▶ EXERCISE
Below are the records; copy each line in which "where" can be found.
=== Begin Enclosure ===
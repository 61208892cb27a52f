-- ===== src/Ethmux.antt =====
-- src/ethmux.c: packets from the listen port, told apart by the port of their sender, checked for
-- their length and their sequence number, and handed on.
pub mod Sequence
pub mod Demux
pub mod Poll
pub mod Accept
pub mod Interleave
pub mod Tests
use mathlib.Core.Logic.{ite}
use av3_fc.Base.Int.{ℤ, pos, negsuc}
use av3_fc.Base.{
  ℕ, zero, suc, ◌+◌, ◌-◌, ◌%◌, ◌^◌, Bool, true, false, ◌&&◌, not, List, [], ◌∷◌, ◌++◌, ltb, leb,
  ◌==◌, if◌then◌else◌, drop, Option, none, some,
}
use av3_fc.Base.Bytes.{Bytes, codes, be16, be32, load_be32}
use av3_fc.Message.{Message}
use av3_fc.NetAddrs.{
  adis_port, arm_port, mpu_port, mpl_port, bmp_port, rc_servo_enable_port, rnh_battery, rnh_port,
  rnh_alarm, fcf_health_port, jgps_port, gps_cots,
}
use av3_fc.NetAddrs
use av3_fc.Packet.{
  sizeof, adis16405_data, mpl_data, bmp180_data, rnh_health_data, rnh_power_data, rnh_alarms,
  rnh_umbdet, fcf_health_data, sequence_error_data,
}

-- The senders of ethmux.h that take a message.
pub data Sender : Type 0 where
  demuxed_adis demuxed_mpu demuxed_mpl demuxed_bmp demuxed_rnh demuxed_rnhumb : Sender
  demuxed_fcfh demuxed_jgps demuxed_cots : Sender

-- The calls of senders that a packet causes, in order.
pub data Output : Type 0 where
  handled : Sender → Message → Output
  sequenced_error : Message → Output
  demuxed_arm : Bytes → ℕ → Bytes → Output
  demuxed_rc : Bytes → ℕ → Bytes → Output

-- `struct demux_type`
pub record DemuxType : Type 0 where
  pub id : Bytes
  pub data_length : ℕ
  pub handler : Sender
  pub next_sequence : ℕ

abbrev pub uint16_max : ℕ
uint16_max = 2 ^ 16 - 1

unfoldable pub is_expected_length : DemuxType → ℕ → Bool
is_expected_length type len =
    if not (type.data_length == 0)
    then len == 4 + type.data_length
    else leb 4 len && leb len (uint16_max - 4)

unfoldable pub format_sequenced_error : ℕ → Bytes → ℕ → ℕ → Output
format_sequenced_error port timestamp expected received = sequenced_error (record {
  id = codes "SEQE";
  timestamp = timestamp;
  data_length = sizeof sequence_error_data;
  body = be16 port ++ (be32 expected ++ be32 received);
})

-- The call of `type->handler`, on the buffer and the length behind the sequence number.
abbrev pub hand_on : DemuxType → Bytes → ℕ → Bytes → Output
hand_on type buffer len timestamp = handled type.handler (record {
  id = type.id;
  timestamp = timestamp;
  data_length = (len - 4) % 2 ^ 16;
  body = drop 4 buffer;
})

-- `type->next_sequence` after the call, with what was sent.
unfoldable pub sequenced_receive : ℕ → Bytes → ℕ → Bytes → DemuxType → DemuxType × List Output
unfolding is_expected_length
sequenced_receive port buffer len timestamp type =
    let rcvseq = load_be32 buffer 0 in
    let err = format_sequenced_error port timestamp type.next_sequence rcvseq in
    let pass = hand_on type buffer len timestamp in
    if not (is_expected_length type len)
    then (type, format_sequenced_error port timestamp 0 0 ∷ [])
    else (
      record type { next_sequence = (rcvseq + 1) % 2 ^ 32 },
      (if ltb rcvseq type.next_sequence then err ∷ [] else [])
          ++ ((if ltb type.next_sequence rcvseq then err ∷ pass ∷ [] else [])
              ++ (if rcvseq == type.next_sequence then pass ∷ [] else [])),
    )

-- The static `demux_type`s of `demux`.
pub data Channel : Type 0 where
  seq_adis seq_mpu seq_mpl seq_bmp seq_rnh seq_rnhport seq_rnhalarm : Channel
  seq_rnhumbdet seq_fcfh seq_jgps seq_gps_cots : Channel

abbrev demux_type : Bytes → ℕ → Sender → DemuxType
demux_type id data_length handler = record {
  id = id;
  data_length = data_length;
  handler = handler;
  next_sequence = 0;
}

-- Their initial values.
unfoldable pub statics : Channel → DemuxType
statics seq_adis = demux_type (codes "ADIS") (sizeof adis16405_data) demuxed_adis
statics seq_mpu = demux_type (codes "MPU9") uint16_max demuxed_mpu
statics seq_mpl = demux_type (codes "MPL3") (sizeof mpl_data) demuxed_mpl
statics seq_bmp = demux_type (codes "BMP1") (sizeof bmp180_data) demuxed_bmp
statics seq_rnh = demux_type (codes "RNHH") (sizeof rnh_health_data) demuxed_rnh
statics seq_rnhport = demux_type (codes "RNHP") (sizeof rnh_power_data) demuxed_rnh
statics seq_rnhalarm = demux_type (codes "RNHA") (sizeof rnh_alarms) demuxed_rnh
statics seq_rnhumbdet = demux_type (codes "RNHU") (sizeof rnh_umbdet) demuxed_rnhumb
statics seq_fcfh = demux_type (codes "FCFH") (sizeof fcf_health_data) demuxed_fcfh
statics seq_jgps = demux_type (codes "JGPS") 0 demuxed_jgps
statics seq_gps_cots = demux_type (codes "V8BS") 0 demuxed_cots

-- The cases of the `switch`.
pub data Route : Type 0 where
  sequenced : Channel → Route
  to_arm to_rc unknown : Route

unfoldable pub route : ℕ → Route
route port =
    if port == adis_port
    then sequenced seq_adis
    else if port == arm_port
    then to_arm
    else if port == mpu_port
    then sequenced seq_mpu
    else if port == mpl_port
    then sequenced seq_mpl
    else if port == bmp_port
    then sequenced seq_bmp
    else if port == rc_servo_enable_port
    then to_rc
    else if port == rnh_battery
    then sequenced seq_rnh
    else if port == rnh_port
    then sequenced seq_rnhport
    else if port == rnh_alarm
    then sequenced seq_rnhalarm
    else if port == NetAddrs.rnh_umbdet
    then sequenced seq_rnhumbdet
    else if port == fcf_health_port
    then sequenced seq_fcfh
    else if port == jgps_port
    then sequenced seq_jgps
    else if port == gps_cots
    then sequenced seq_gps_cots
    else unknown

-- What `readsocketfromts` gives: its result, the static buffer, the sender's port in host order and
-- the arrival time in the PSAS format.
pub record Read : Type 0 where
  pub bytes : ℤ
  pub buffer : Bytes
  pub port : ℕ
  pub timestamp : Bytes

abbrev pub Statics : Type 0
Statics = Channel → DemuxType

unfoldable pub Channel-discrete : Discrete Channel
Channel-discrete = hlevel

-- An assignment to one of the statics.
abbrev pub update : Statics → Channel → DemuxType → Statics
update s c t d = ite (Channel-discrete c d) t (s d)

unfoldable pub dispatch : Route → Read → ℕ → Statics → Statics × List Output
unfolding sequenced_receive
dispatch (sequenced c) r len s =
    let (t, outs) = sequenced_receive r.port r.buffer len r.timestamp (s c) in (update s c t, outs)
dispatch to_arm r len s = (s, demuxed_arm r.buffer len r.timestamp ∷ [])
dispatch to_rc r len s = (s, demuxed_rc r.buffer len r.timestamp ∷ [])
dispatch unknown r len s = (s, [])

-- `if(bytes > 0)`, and the `switch`.
unfoldable pub demux_bytes : ℤ → Read → Statics → Statics × List Output
unfolding dispatch route
demux_bytes (pos zero) r s = (s, [])
demux_bytes (pos (suc n)) r s = dispatch (route r.port) r (suc n) s
demux_bytes (negsuc n) r s = (s, [])

unfoldable pub demux : Read → Statics → Statics × List Output
unfolding demux_bytes
demux r s = demux_bytes r.bytes r s
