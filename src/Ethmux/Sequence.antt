-- ===== src/Ethmux/Sequence.antt =====
-- `sequenced_receive` over the packets of one sender.
use av3_fc.Base.{
  ℕ, ◌+◌, ◌-◌, ◌%◌, ◌^◌, ◌≤◌, ◌<◌, Bool, true, false, List, [], ◌∷◌, ◌++◌, ◌≡◌, refl, arith,
  if◌then◌else◌, length, map, All, ap, ap₂, ◌∙◌,
}
use native.Mathlib.Decide.{ℕ_discrete}
use av3_fc.Base.Bytes.{Bytes, load_be32, be32_word}
use av3_fc.Ethmux.{
  Output, handled, sequenced_error, DemuxType, is_expected_length, format_sequenced_error, hand_on,
  sequenced_receive,
}

-- A packet as it arrives on a port.
pub record Arrival : Type 0 where
  pub buffer : Bytes
  pub len : ℕ
  pub timestamp : Bytes

abbrev pub rcvseq : Arrival → ℕ
rcvseq a = load_be32 a.buffer 0

-- What the handler is to get of a packet.
abbrev pub passed : DemuxType → Arrival → Output
passed type a = hand_on type a.buffer a.len a.timestamp

-- The calls of `sequenced_receive` for the packets of one port.
unfoldable pub receive_stream : ℕ → List Arrival → DemuxType → DemuxType × List Output
receive_stream port [] type = (type, [])
receive_stream port (a ∷ as') type =
    let (t, outs) = sequenced_receive port a.buffer a.len a.timestamp type in
    let (t', outs') = receive_stream port as' t in (t', outs ++ outs')

abbrev pub HasLength : DemuxType → Arrival → Type 0
HasLength type a = is_expected_length type a.len ≡ true

-- The packets are numbered one after the other from `n` on, going round at 2^32.
abbrev pub IsConsecutive : ℕ → List Arrival → Type 0
IsConsecutive n [] = Unit {0}
IsConsecutive n (a ∷ as') = (rcvseq a ≡ n) × IsConsecutive ((n + 1) % 2 ^ 32) as'

-- One packet of the expected length, by its number.
module _ (port : ℕ) (a : Arrival) (type : DemuxType) (h : HasLength type a) where
  abbrev after : DemuxType
  after = record type { next_sequence = (rcvseq a + 1) % 2 ^ 32 }

  abbrev error_of : Output
  error_of = format_sequenced_error port a.timestamp type.next_sequence (rcvseq a)

  receive_next :
      rcvseq a ≡ type.next_sequence
      → sequenced_receive port a.buffer a.len a.timestamp type ≡ (after, passed type a ∷ [])
  unfolding sequenced_receive
  receive_next e = ground arith

  receive_late :
      rcvseq a < type.next_sequence
      → sequenced_receive port a.buffer a.len a.timestamp type ≡ (after, error_of ∷ [])
  unfolding sequenced_receive
  receive_late e = ground arith

  receive_gap :
      type.next_sequence < rcvseq a
      → sequenced_receive port a.buffer a.len a.timestamp type
        ≡ (after, error_of ∷ passed type a ∷ [])
  unfolding sequenced_receive
  receive_gap e = ground arith

-- If the packets of a port have the expected length and are numbered one after the other from the
-- expected number on, which is below 2^32, going round at 2^32, each is handed on, in order, no
-- error is sent, and the number expected next is the one after the last.
pub stream_in_order :
    (port : ℕ) (as' : List Arrival) (type : DemuxType)
    → type.next_sequence < 2 ^ 32
    → All (HasLength type) as'
    → IsConsecutive type.next_sequence as'
    → receive_stream port as' type ≡ (
      record type { next_sequence = (type.next_sequence + length as') % 2 ^ 32 },
      map (passed type) as',
    )
unfolding receive_stream is_expected_length
stream_in_order port [] type b h c = ap (λ n. (record type { next_sequence = n }, [])) (omega arith)
stream_in_order port (a ∷ as') type b (h, hs) (c, cs) =
    let t : DemuxType = record type { next_sequence = (type.next_sequence + 1) % 2 ^ 32 } in
    let step : sequenced_receive port a.buffer a.len a.timestamp type ≡ (t, passed type a ∷ []) =
      receive_next port a type h c
      ∙ ap (λ n. (record type { next_sequence = (n + 1) % 2 ^ 32 }, passed type a ∷ [])) c in
    rw (step, stream_in_order port as' t (omega arith) hs cs)
      (ap (λ n. (record type { next_sequence = n }, passed type a ∷ map (passed type) as'))
        (omega arith))

-- Numbered upwards from `n` on, with gaps, and not going round.
abbrev pub IsIncreasing : ℕ → List Arrival → Type 0
IsIncreasing n [] = Unit {0}
IsIncreasing n (a ∷ as') = (n ≤ rcvseq a) × (rcvseq a < 2 ^ 32) × IsIncreasing (rcvseq a + 1) as'

-- The number that is expected after such packets.
abbrev pub expected_after : ℕ → List Arrival → ℕ
expected_after n [] = n
expected_after n (a ∷ as') = expected_after (rcvseq a + 1) as'

abbrev pub is_handled : Output → Bool
is_handled (handled s m) = true
is_handled _ = false

-- The messages handed on, without the errors.
abbrev pub deliveries : List Output → List Output
deliveries [] = []
deliveries (o ∷ os) = if is_handled o then o ∷ deliveries os else deliveries os

-- How many numbers a sequence error says were left out.
abbrev pub reported : Output → ℕ
reported (sequenced_error m) = load_be32 m.body 6 - load_be32 m.body 2
reported _ = 0

abbrev pub total_reported : List Output → ℕ
total_reported [] = 0
total_reported (o ∷ os) = reported o + total_reported os

-- A sequence error's two numbers can be read back from it.
reported_error :
    (port expected received : ℕ) (timestamp : Bytes)
    → expected < 2 ^ 32
    → received < 2 ^ 32
    → reported (format_sequenced_error port timestamp expected received) ≡ received - expected
unfolding format_sequenced_error
reported_error port expected received timestamp h g =
    ap₂ (λ r e. r - e) (be32_word received g) (be32_word expected h)

-- What a lossy stream leads to: every packet that arrived is handed on, in order, and the errors
-- account for exactly the numbers that did not arrive.
pub record Accounted (type : DemuxType) (as' : List Arrival) (out : DemuxType × List Output)
    : Type 0 where
  pub delivered : deliveries out.1 ≡ map (passed type) as'
  pub counted :
      type.next_sequence + length as' + total_reported out.1 ≡ expected_after type.next_sequence as'

module _ (port : ℕ) (a : Arrival) (as' : List Arrival) (type : DemuxType) where
  abbrev first : DemuxType × List Output
  first = sequenced_receive port a.buffer a.len a.timestamp type

  lossy_cons :
      (later : DemuxType × List Output)
      → HasLength type a
      → type.next_sequence < 2 ^ 32
      → type.next_sequence ≤ rcvseq a
      → rcvseq a < 2 ^ 32
      → deliveries later.1 ≡ map (passed type) as'
      → rcvseq a + 1 + length as' + total_reported later.1 ≡ expected_after (rcvseq a + 1) as'
      → Accounted type (a ∷ as') (later.0, first.1 ++ later.1)
  unfolding format_sequenced_error
  lossy_cons later h b lo hi d k = elim (ℕ_discrete (rcvseq a) type.next_sequence) [
    | yes same ↦
        rw (receive_next port a type h same)
          (record { delivered = ap (◌∷◌ (passed type a)) d; counted = omega arith })
    | no gap ↦ rw (receive_gap port a type h (omega arith)) (record {
      delivered = ap (◌∷◌ (passed type a)) d;
      counted = omega (arith, reported_error port type.next_sequence (rcvseq a) a.timestamp b hi);
    })
  ]

  next_lem :
      HasLength type a
      → type.next_sequence < 2 ^ 32
      → type.next_sequence ≤ rcvseq a
      → first.0 ≡ record type { next_sequence = (rcvseq a + 1) % 2 ^ 32 }
  next_lem h b lo = elim (ℕ_discrete (rcvseq a) type.next_sequence) [
    | yes same ↦ rw (receive_next port a type h same)
    | no gap ↦ rw (receive_gap port a type h (omega arith))
  ]

-- If the packets that arrive on a port have the expected length and are numbered upwards from the
-- expected number on, below 2^32, with any gaps but without going round, then each is handed on,
-- in order, and the errors account for exactly the packets lost: the expected number, the packets
-- that arrived and the numbers that the errors report as left out add up to the number expected
-- afterwards.
pub lossy_stream :
    (port : ℕ) (as' : List Arrival) (type : DemuxType)
    → type.next_sequence < 2 ^ 32
    → All (HasLength type) as'
    → IsIncreasing type.next_sequence as'
    → Accounted type as' (receive_stream port as' type)
unfolding receive_stream is_expected_length
lossy_stream port [] type b h c = record { delivered = refl; counted = omega arith }
lossy_stream port (a ∷ []) type b (h, hs) (lo, hi, c) =
    lossy_cons port a [] type _ h b lo hi refl (omega arith)
lossy_stream port (a ∷ a' ∷ as') type b (h, hs) (lo, hi, c) =
    let t : DemuxType = record type { next_sequence = rcvseq a + 1 } in
    let step : (first port a (a' ∷ as') type).0 ≡ t =
      next_lem port a (a' ∷ as') type h b lo
      ∙ ap (λ n. record type { next_sequence = n }) (omega arith) in
    let later = lossy_stream port (a' ∷ as') t (omega arith) hs c in
    rw step (
      lossy_cons port a (a' ∷ as') type (receive_stream port (a' ∷ as') t) h b lo hi later.delivered
        later.counted)

-- If a sender starts again at a number below the expected one, and its packets have the expected
-- length and are numbered on from there, the first packet alone is lost: it gives one error, and
-- all later ones are handed on in order with no error.
pub restart_stream :
    (port : ℕ) (a : Arrival) (as' : List Arrival) (type : DemuxType)
    → type.next_sequence < 2 ^ 32
    → All (HasLength type) (a ∷ as')
    → rcvseq a < type.next_sequence
    → IsConsecutive (rcvseq a + 1) as'
    → (receive_stream port (a ∷ as') type).1
      ≡ format_sequenced_error port a.timestamp type.next_sequence (rcvseq a)
        ∷ map (passed type) as'
unfolding receive_stream is_expected_length
restart_stream port a as' type b (h, hs) late c =
    let t : DemuxType = record type { next_sequence = rcvseq a + 1 } in
    let step : sequenced_receive port a.buffer a.len a.timestamp type
        ≡ (t, format_sequenced_error port a.timestamp type.next_sequence (rcvseq a) ∷ []) =
      receive_late port a type h late
      ∙ ap
          (λ n. (
            record type { next_sequence = n },
            format_sequenced_error port a.timestamp type.next_sequence (rcvseq a) ∷ [],
          ))
          (omega arith) in
    rw (step, stream_in_order port as' t (omega arith) hs c)
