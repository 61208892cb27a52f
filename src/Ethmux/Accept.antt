-- ===== src/Ethmux/Accept.antt =====
-- `sequenced_receive` over any packets of one sender: lost, late, repeated, of any length.
use mathlib.Core.Path.{subst}
use av3_fc.Base.{
  ℕ, suc, ◌+◌, ◌%◌, ◌^◌, Bool, true, false, List, [], ◌∷◌, ◌++◌, ◌≡◌, refl, sym, arith,
  if◌then◌else◌, map, ap, ap₂, ◌∙◌, ltb, ◌==◌, Bool-cases, inl, inr,
}
use av3_fc.Ethmux.{
  Output, sequenced_error, handled, DemuxType, is_expected_length, format_sequenced_error,
  sequenced_receive,
}
use av3_fc.Ethmux.Sequence.{Arrival, rcvseq, passed, receive_stream, deliveries}

-- The number after a packet's.
abbrev pub following : Arrival → ℕ
following a = (rcvseq a + 1) % 2 ^ 32

-- The packets that are to be handed on, where `n` is expected: those of the expected length whose
-- number is not below that after the packet before, among the packets of the expected length.
abbrev pub accepted : (Arrival → Bool) → ℕ → List Arrival → List Arrival
accepted fits n [] = []
accepted fits n (a ∷ as') =
    if fits a
    then (let rest = accepted fits (following a) as' in if ltb (rcvseq a) n then rest else a ∷ rest)
    else accepted fits n as'

-- How many packets have not the expected length, or not the number after the one before.
abbrev pub unexpected : (Arrival → Bool) → ℕ → List Arrival → ℕ
unexpected fits n [] = 0
unexpected fits n (a ∷ as') =
    if fits a
    then (if rcvseq a == n then 0 else 1) + unexpected fits (following a) as'
    else 1 + unexpected fits n as'

-- How many of some calls are sequence errors.
abbrev pub errors : List Output → ℕ
errors [] = 0
errors (sequenced_error m ∷ os) = suc (errors os)
errors (_ ∷ os) = errors os

abbrev pub fits : DemuxType → Arrival → Bool
fits type a = is_expected_length type a.len

deliveries-append : (xs ys : List Output) → deliveries (xs ++ ys) ≡ deliveries xs ++ deliveries ys
deliveries-append [] ys = refl
deliveries-append (x ∷ xs) ys = ground (arith, deliveries-append xs ys)

errors-append : (xs ys : List Output) → errors (xs ++ ys) ≡ errors xs + errors ys
errors-append [] ys = omega arith
errors-append (sequenced_error m ∷ xs) ys = omega (arith, errors-append xs ys)
errors-append (handled s m ∷ xs) ys = errors-append xs ys
errors-append (Output.demuxed_arm b l t ∷ xs) ys = errors-append xs ys
errors-append (Output.demuxed_rc b l t ∷ xs) ys = errors-append xs ys

-- What one packet leads to.
module _ (port : ℕ) (a : Arrival) (type : DemuxType) where
  abbrev first : DemuxType × List Output
  first = sequenced_receive port a.buffer a.len a.timestamp type

  first_right :
      fits type a ≡ true
      → (first.0 ≡ record type { next_sequence = following a })
        × (deliveries first.1
            ≡ (if ltb (rcvseq a) type.next_sequence then [] else passed type a ∷ []))
        × (errors first.1 ≡ (if rcvseq a == type.next_sequence then 0 else 1))
  unfolding sequenced_receive format_sequenced_error
  first_right h = ground arith

  first_wrong :
      fits type a ≡ false → (first.0 ≡ type) × (deliveries first.1 ≡ []) × (errors first.1 ≡ 1)
  unfolding sequenced_receive format_sequenced_error
  first_wrong h = ground arith

-- What some packets lead to.
abbrev Accepts : ℕ → List Arrival → DemuxType → Type 0
Accepts port as' type =
    (deliveries (receive_stream port as' type).1
      ≡ map (passed type) (accepted (fits type) type.next_sequence as'))
    × (errors (receive_stream port as' type).1 ≡ unexpected (fits type) type.next_sequence as')

Accepts-right :
    (port : ℕ) (a : Arrival) (as' : List Arrival) (type : DemuxType)
    → fits type a ≡ true
    → Accepts port as' (record type { next_sequence = following a })
    → Accepts port (a ∷ as') type
unfolding receive_stream is_expected_length
Accepts-right port a as' type h (d, e) =
    let (t, d1, e1) = first_right port a type h in
    let both : List Output = (first port a type).1 in
    let rest : List Output = (receive_stream port as' (first port a type).0).1 in
    let d' =
      subst
        (λ (x : DemuxType).
          deliveries (receive_stream port as' x).1
          ≡ map (passed type) (accepted (fits type) (following a) as'))
        (sym t) d in
    let e' =
      subst
        (λ (x : DemuxType).
          errors (receive_stream port as' x).1 ≡ unexpected (fits type) (following a) as')
        (sym t) e in
    let late = ltb (rcvseq a) type.next_sequence in
    (
      deliveries-append both rest
          ∙ ap₂ ◌++◌ d1 d'
          ∙ elim (Bool-cases late) [ inl l ↦ rw (h, l) | inr g ↦ rw (h, g) ],
      errors-append both rest ∙ ap₂ ◌+◌ e1 e' ∙ rw h,
    )

Accepts-wrong :
    (port : ℕ) (a : Arrival) (as' : List Arrival) (type : DemuxType)
    → fits type a ≡ false
    → Accepts port as' type
    → Accepts port (a ∷ as') type
unfolding receive_stream
Accepts-wrong port a as' type h (d, e) =
    let (t, d1, e1) = first_wrong port a type h in
    let both : List Output = (first port a type).1 in
    let rest : List Output = (receive_stream port as' (first port a type).0).1 in
    let again = λ (x : DemuxType). (receive_stream port as' x).1 in
    (
      deliveries-append both rest ∙ ap₂ ◌++◌ d1 (ap (λ x. deliveries (again x)) t ∙ d) ∙ rw h,
      errors-append both rest ∙ ap₂ ◌+◌ e1 (ap (λ x. errors (again x)) t ∙ e) ∙ rw h,
    )

-- Whatever packets arrive from a sender, in whatever order, lost, late, repeated or of a wrong
-- length: the packets handed on are, in order, those of the expected length whose number is not
-- below the one expected after the last packet of that length, and there is exactly one sequence
-- error for each packet of another length or with another number than the one expected.
pub receive_stream-accepted :
    (port : ℕ) (as' : List Arrival) (type : DemuxType)
    → (deliveries (receive_stream port as' type).1
        ≡ map (passed type) (accepted (fits type) type.next_sequence as'))
      × (errors (receive_stream port as' type).1 ≡ unexpected (fits type) type.next_sequence as')
unfolding receive_stream is_expected_length
receive_stream-accepted port [] type = (refl, refl)
receive_stream-accepted port (a ∷ as') type = elim (Bool-cases (fits type a)) [
  | inl right ↦
      Accepts-right port a as' type right
        (receive_stream-accepted port as' (record type { next_sequence = following a }))
  | inr wrong ↦ Accepts-wrong port a as' type wrong (receive_stream-accepted port as' type)
]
=== End Enclosure ===
▶ REPLY TO THE TASK
pub data Sender : Type 0 where
pub data Output : Type 0 where
pub record DemuxType : Type 0 where
pub data Channel : Type 0 where
pub data Route : Type 0 where
pub record Read : Type 0 where
pub record Arrival : Type 0 where
module _ (port : ℕ) (a : Arrival) (type : DemuxType) (h : HasLength type a) where
    : Type 0 where
module _ (port : ℕ) (a : Arrival) (as' : List Arrival) (type : DemuxType) where
-- The packets that are to be handed on, where `n` is expected: those of the expected length whose
module _ (port : ℕ) (a : Arrival) (type : DemuxType) where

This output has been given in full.